First of all, I was outside, and the weather was pretty good, as much as I can remember. Just sunny morning weather. I usually enjoy clouds (when they're not in their grey, shitty state that so many people seem to love for some Godknowswhy crazy-ass reason) but I specifically remember they were just too blurry. I like those really distinctly cumulus-lookin' clouds, and these clouds were kind of like that, I guess, but a little blurrier around the edges, which kind of bothered me. It almost looked like someone just unfocused my view of the sky, which is a dumb metaphor but I think it's also pretty apt. But anyway, these clouds were big teases. I just like seeing lots of shadows and whatnot on clouds.
But, anyway, my job was to stand on Grindley ushering students towards the gym while telling their parents that they were not allowed on campus, I'm not entirely sure why they weren't allowed on campus, but I was told to do so, so I did. I was pretty bad at it, I guess, muttering and all, but most parents got the point. Some parents were really nice, others were a bit more strange/passive aggressive (I'm talking to you, Bluetooth guy). I was behind the English building watching that side gate in our fence, so it was a pretty straight shot right to the gym, so lots of parents stood outside the fence and watched their kids walk there. It was weird, the parents seemed exponentially more worried than the kids, especially when I told them they couldn't accompany them to the gym. I guess it was mostly a "My little baby girl./boy's all grown-up" kind of thing. I understood. And I couldn't help but see bits and pieces of myself in a lot of the kids that came in to test and bits and pieces of my mom and dad in a lot of their parents. And I might have just been getting bored on the job, but I think I saw lots of doppelgangers of people from our grade, too. I started wondering what kind of filter the entrance exam serves as for the types of people it accepts. I thought it was weird how recently so much emphasis and value has been put into education, which is well-deserved, I guess, but it seems like, seeing how it's so valued, some reform should occur, or at least more money, I don't know. I don't know where I'm going with this. I guess what I'm trying to convey is the feeling I got watching parents say goodbye and wishing good luck to their children as if they'd never see them ever again, it was weird, I could almost hear the string orchestra in the back. Well, yes. Okay, just felt like putting off work somehow. I'm being to despise the work I'm given at school, now, not for very good reason than my own laziness, I suppose.

Saturday, March 6
So my house was almost completely empty for a week and a half, and before this glorious period ended, I assumed that people would come over and we'd have all sorts of fun at my house. Aside from a pitiful excuse of a study party with Alex and Afnan and a couple obligatory visits from Chris my empty house wasn't put to much good use. Not to say I don't enjoy being in the house by myself, but I've never really had it empty for such an extended period of time, and I would have loved to have had people over. It was a wasted opportunity and I guess it's my fault, assuming people would want to come over to my house in the first place.
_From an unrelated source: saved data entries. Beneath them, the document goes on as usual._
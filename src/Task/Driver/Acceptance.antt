-- ===== src/Task/Driver/Acceptance.antt =====
-- Only FINALIZE accepts a task.
use local_engineer.Prelude.{
  ℕ, zero, suc, ◌≡◌, ◌≢◌, refl, ap, subst, ◌⊎◌, inl, inr, Bool, true, false, not, ◌&&◌, List, [],
  ◌++◌, arith, leb, ltb, any, is_empty, Option-cases, Bool-cases,
}
use local_engineer.Recipe.Acceptance.{Reason, failed_only}
use local_engineer.Workflow.{Phase}
use local_engineer.Workflow.Failure.{environmental}
use local_engineer.GoStrings.{Text, text_eq}
use local_engineer.Task.{State}
use local_engineer.Task.Verify.{
  Work, World, Why, Turn, crashed, stopped, moved, move, localize_again, repair, accept, decide,
  flaky_records, reasons_for, judge, run_again, verify,
}
use local_engineer.Task.Phases.{
  Opening, Planner, Editor, Reviewer, freeze, take_baseline, intake, localize, assess, plan_again,
  planning, edited, edit, review,
}
use local_engineer.Task.Finalize.Approval.{Scanned, Committed, finalize-accepted}
use local_engineer.Task.Driver.{Answers, in_phase, turn, ended, drive}
use local_engineer.Task.Driver.Termination.{Turn-cases}

abbrev is_accepted : State → Bool
is_accepted State.accepted = true
is_accepted _ = false

abbrev accepts : Turn → Bool
accepts crashed = false
accepts (stopped s why w) = is_accepted s
accepts (moved w) = false

accepts-move : (v : World) (next : Phase) (w : Work) → accepts (move v next w) ≡ false
unfolding move
accepts-move v next w = ground arith

accepts-localize_again : (v : World) (w : Work) → accepts (localize_again v w) ≡ false
unfolding localize_again move
accepts-localize_again v w = ground arith

accepts-repair : (v : World) (rs : List Reason) (w : Work) → accepts (repair v rs w) ≡ false
unfolding repair localize_again move
accepts-repair v rs w = ground arith

accepts-accept : (v : World) (w : Work) → accepts (accept v w) ≡ false
unfolding accept move
accepts-accept v w = ground arith

accepts-decide :
    (v : World) (w : Work) (outside changed : List Text)
    → accepts (decide v w outside changed) ≡ false
unfolding decide
accepts-decide v w outside changed =
    ground (arith, accepts-accept v w, accepts-repair v (reasons_for v w outside changed) w)

accepts-judge : (v : World) (w : Work) → accepts (judge v w) ≡ false
unfolding judge
accepts-judge v w = elim (Option-cases v.out_of_scope) [
  | inl e ↦ rw e refl
  | inr (outside, o) ↦ elim (Option-cases v.changed) [
    | inl e ↦ rw (o, e) refl
    | inr (changed, c) ↦ ground (arith, accepts-decide v w outside changed)
  ]
]

accepts-run_again : (v : World) (w : Work) → accepts (run_again v w) ≡ false
unfolding run_again
accepts-run_again v w = elim (Option-cases v.rerun) [
  | inl e ↦ rw e refl
  | inr (rerun, e) ↦ elim (Bool-cases (any environmental rerun)) [
    | inl broken ↦ rw (e, broken) refl
    | inr sound ↦ elim (Option-cases v.candidate_after) [
      | inl f ↦ rw (e, sound, f) refl
      | inr (after, f) ↦
          elim (Bool-cases (text_eq after w.candidate && is_empty (failed_only rerun))) [
            | inl flaky ↦
                let u = record w {
                  failure_history = w.failure_history ++ flaky_records v w w.feedback;
                  results = rerun;
                  feedback = [];
                } in
                ground (arith, accepts-judge v u)
            | inr real ↦ ground (arith, accepts-judge v w)
          ]
    ]
  ]
]

accepts-verify : (v : World) (w : Work) → accepts (verify v w) ≡ false
unfolding verify
accepts-verify v w = elim (Bool-cases (leb 4 w.verify_loops)) [
  | inl done ↦ rw done refl
  | inr more ↦ elim (Option-cases v.run) [
    | inl e ↦ rw (more, e) refl
    | inr (results, e) ↦ elim (Bool-cases (any environmental results)) [
      | inl broken ↦ rw (more, e, broken) refl
      | inr sound ↦
          elim (Bool-cases (not (is_empty (failed_only results)) && ltb (suc w.verify_loops) 4)) [
            | inl again ↦ rw (more, e, sound, again) (accepts-run_again v _)
            | inr once ↦ rw (more, e, sound, once) (accepts-judge v _)
          ]
    ]
  ]
]

accepts-take_baseline : (o : Opening) (v : World) (w : Work) → accepts (take_baseline o v w) ≡ false
unfolding take_baseline move
accepts-take_baseline o v w = ground arith

accepts-intake : (o : Opening) (v : World) (w : Work) → accepts (intake o v w) ≡ false
unfolding intake freeze
accepts-intake o v w = elim (Bool-cases (is_empty w.presets)) [
  | inr frozen ↦ rw frozen (accepts-take_baseline o v w)
  | inl fresh ↦ elim (Option-cases o.discovered) [
    | inl e ↦ rw (fresh, e) refl
    | inr (presets, e) ↦ elim (Bool-cases v.saves) [
      | inr lost ↦ rw (fresh, e, lost) refl
      | inl saved ↦ ground (arith, accepts-take_baseline o v (record w { presets = presets }))
    ]
  ]
]

accepts-localize : (o : Opening) (v : World) (w : Work) → accepts (localize o v w) ≡ false
unfolding localize move
accepts-localize o v w = ground arith

accepts-assess : (o : Opening) (v : World) (w : Work) → accepts (assess o v w) ≡ false
unfolding assess move
accepts-assess o v w = ground arith

accepts-planning : (p : Planner) (v : World) (w : Work) → accepts (planning p v w) ≡ false
unfolding planning plan_again move
accepts-planning p v w = ground arith

accepts-review : (d : Reviewer) (v : World) (w : Work) → accepts (review d v w) ≡ false
unfolding review move
accepts-review d v w = ground arith

accepts-edit : (d : Editor) (v : World) (w : Work) → accepts (edit d v w) ≡ false
unfolding edit edited move
accepts-edit d v w = ground arith

-- A turn outside FINALIZE never ends with the task accepted.
only_finalize :
    (p : Phase) (a : Answers) (w : Work) → p ≢ Phase.finalize → accepts (in_phase p a w) ≡ false
unfolding in_phase
only_finalize Phase.intake a w ne = accepts-intake a.opening a.world w
only_finalize Phase.localize a w ne = accepts-localize a.opening a.world w
only_finalize Phase.impact a w ne = accepts-assess a.opening a.world w
only_finalize Phase.planning a w ne = accepts-planning a.planner a.world w
only_finalize Phase.edit a w ne = accepts-edit a.editor a.world w
only_finalize Phase.verify a w ne = accepts-verify a.world w
only_finalize Phase.review a w ne = accepts-review a.reviewer a.world w
only_finalize Phase.finalize a w ne = absurd (ne refl)

finalize_or_not : (p : Phase) → (p ≡ Phase.finalize) ⊎ (p ≢ Phase.finalize)
finalize_or_not Phase.finalize = inl refl
finalize_or_not _ = inr (λ e. cc)

-- The diff of the candidate was scanned, and the candidate approved and committed.
abbrev pub Approved : Answers → Work → Type 0
Approved a w = Scanned a.closing × Committed a.closing w

finalize-Approved :
    (a : Answers) (w w' : Work) (why : Why)
    → in_phase Phase.finalize a w ≡ stopped State.accepted why w'
    → Approved a w'
unfolding in_phase
finalize-Approved a w w' why h =
    let (verified, scanned, done, final) = finalize-accepted a.closing a.world w w' why h in
    (scanned, done)

in_phase-Approved :
    (p : Phase) (a : Answers) (w w' : Work) (why : Why)
    → in_phase p a w ≡ stopped State.accepted why w'
    → Approved a w'
in_phase-Approved p a w w' why h = elim (finalize_or_not p) [
  | inr other ↦ absurd (ground (arith, only_finalize p a w other, ap accepts h))
  | inl last ↦
      finalize-Approved a w w' why
        (subst (λ q. in_phase q a w ≡ stopped State.accepted why w') last h)
]

turn-Approved :
    (a : Answers) (w w' : Work) (why : Why)
    → turn a w ≡ stopped State.accepted why w'
    → Approved a w'
unfolding turn
turn-Approved a w w' why h = elim (Option-cases a.candidate) [
  | inl e ↦ absurd (ground arith)
  | inr (c, e) ↦ in_phase-Approved w.phase a (record w { candidate = c }) w' why (ground arith)
]

-- The turns of a run: `drive` with this fuel, from the first work, comes to the second with that fuel
-- left, and every turn between them went on.
pub data Runs (answers : ℕ → Answers) : ℕ → Work → ℕ → Work → Type 0 where
  start : {fuel : ℕ} {w : Work} → Runs answers fuel w fuel w
  after :
      {fuel n : ℕ} {w v u : Work}
      → turn (answers fuel) w ≡ moved v
      → Runs answers fuel v n u
      → Runs answers (suc fuel) w n u

-- The turn is one of FINALIZE that ends with the task accepted.
abbrev pub Accepts : Answers → Work → Why → Work → Type 0
Accepts a u why w' =
    (u.phase ≡ Phase.finalize) × (turn a u ≡ stopped State.accepted why w') × Approved a w'

turn-finalize :
    (a : Answers) (w w' : Work) (why : Why)
    → turn a w ≡ stopped State.accepted why w'
    → w.phase ≡ Phase.finalize
unfolding turn
turn-finalize a w w' why h = elim (finalize_or_not w.phase) [
  | inl here ↦ here
  | inr other ↦ elim (Option-cases a.candidate) [
    | inl e ↦ absurd (ground arith)
    | inr (c, e) ↦
        let u = record w { candidate = c } in
        let ends : in_phase w.phase a u ≡ stopped State.accepted why w' = ground arith in
        absurd (ground (arith, only_finalize w.phase a u other, ap accepts ends))
  ]
]

-- A run of the driver accepts a task only in a turn of FINALIZE that the run comes to: in that turn the
-- diff was scanned and holds no credential, the gate was approved, and the candidate at the gate is the
-- one that is committed, with its intent in the journal before the commit and its outcome after it.
pub drive-Approved :
    (answers : ℕ → Answers) (fuel : ℕ) (w w' : Work) (why : Why)
    → drive answers fuel w ≡ ended State.accepted why w'
    → (n : ℕ) × (u : Work) × Runs answers fuel w (suc n) u × Accepts (answers n) u why w'
unfolding drive
drive-Approved answers zero w w' why h = absurd (ground arith)
drive-Approved answers (suc fuel) w w' why h = elim (Turn-cases (turn (answers fuel) w)) [
  | inl (v, e) ↦
      let (n, u, run, last) = drive-Approved answers fuel v w' why (ground arith) in
      (n, u, after e run, last)
  | inr (inl broken) ↦ absurd (ground arith)
  | inr (inr (s, y, u, e)) ↦
      let ends : turn (answers fuel) w ≡ stopped State.accepted why w' = ground arith in
      (
        fuel,
        w,
        start,
        (
          turn-finalize (answers fuel) w w' why ends,
          ends,
          turn-Approved (answers fuel) w w' why ends,
        ),
      )
]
Obviously it's difficult for me to view myself from an outside perspective. I can't know exactly what I sound like to you, or what I smell like to you, or what I look like to you.
How I think and how I react are the only ways I know how to think and react, and how I speak and how I joke and how I show dislike and how I show affection and how I show effort and how I show excitement are all the only ways I know how to do all of those things, too. Anyway, my cousins are over and now I must go and socialize and exhibit to them how maximally awkward their genes will allow them to be. I don't know, sometimes I feel like everyone got some sort of email or handbook and I didn't.